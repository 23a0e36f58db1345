-- ===== src/Service/Startup.antt =====
-- How a start ends.
use eos_payg.Base.{◌≡◌, refl, ◌∙◌, ap, true, false, none, some}
use eos_payg.Debug.{EfiVariables, get_eospayg_active_set}
use eos_payg.Provider.{Provider}
use eos_payg.Service.{
  Service, Start, start_failed, no_provider, Found, found, not_found, load_failed, secure_init_sync,
  startup_async, provider_get_first_enabled_cb, start_with,
}

-- The loader gave no provider.
abbrev pub IsWithout : {S : Type 0} → Found S → Type 0
IsWithout (found p) = ⊥
IsWithout not_found = Unit
IsWithout load_failed = Unit

module _ {S : Type 0} (P : Provider S) where
  abbrev activated : Service S → Service S
  activated s = record s { eospayg_active_efivar = true }

  secure_init_sync-without :
      (v : EfiVariables) (x : Start S) (r : Found S) (s : Service S)
      → get_eospayg_active_set v ≡ true
      → IsWithout r
      → secure_init_sync P false v x r s ≡ activated s
  unfolding secure_init_sync
  secure_init_sync-without v x (found p) s active without = absurd without
  secure_init_sync-without v x not_found s active without =
      ap (λ b. record s { eospayg_active_efivar = b }) active
  secure_init_sync-without v x load_failed s active without =
      ap (λ b. record s { eospayg_active_efivar = b }) active

  startup_async-without :
      (x : Start S) (r : Found S) (s : Service S)
      → s.provider ≡ none
      → IsWithout r
      → startup_async P x r (activated s) ≡ some (activated s, start_failed no_provider)
  unfolding startup_async provider_get_first_enabled_cb
  startup_async-without x (found p) s empty without = absurd without
  startup_async-without x not_found s empty without =
      ap (λ o. start_with P o x not_found (activated s)) empty
  startup_async-without x load_failed s empty without =
      ap (λ o. start_with P o x load_failed (activated s)) empty

  -- In a daemon that is not in legacy mode and in which EOSPAYG_active counts as set, with no
  -- provider before, if the loader gives none before the root pivot and none at the start, the
  -- start returns the error that there is no provider, whatever the configuration says, and no
  -- provider or D-Bus object is set up.
  pub startup_async-active :
      (v : EfiVariables) (x1 x2 : Start S) (r1 r2 : Found S) (s : Service S)
      → get_eospayg_active_set v ≡ true
      → s.provider ≡ none
      → IsWithout r1
      → IsWithout r2
      → (s' : Service S) × (startup_async P x2 r2 (secure_init_sync P false v x1 r1 s)
          ≡ some (s', start_failed no_provider))
        × (s'.provider ≡ none)
        × (s'.manager_service ≡ s.manager_service)
  startup_async-active v x1 x2 r1 r2 s active empty without1 without2 = (
    activated s,
    ap (startup_async P x2 r2) (secure_init_sync-without v x1 r1 s active without1)
        ∙ startup_async-without x2 r2 s empty without2,
    empty,
    refl,
  )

============

● The task
The answer must consist of every line from the entries above that contains the string "absurd".

● Output below
  secure_init_sync-without v x (found p) s active without = absurd without
  startup_async-without x (found p) s empty without = absurd without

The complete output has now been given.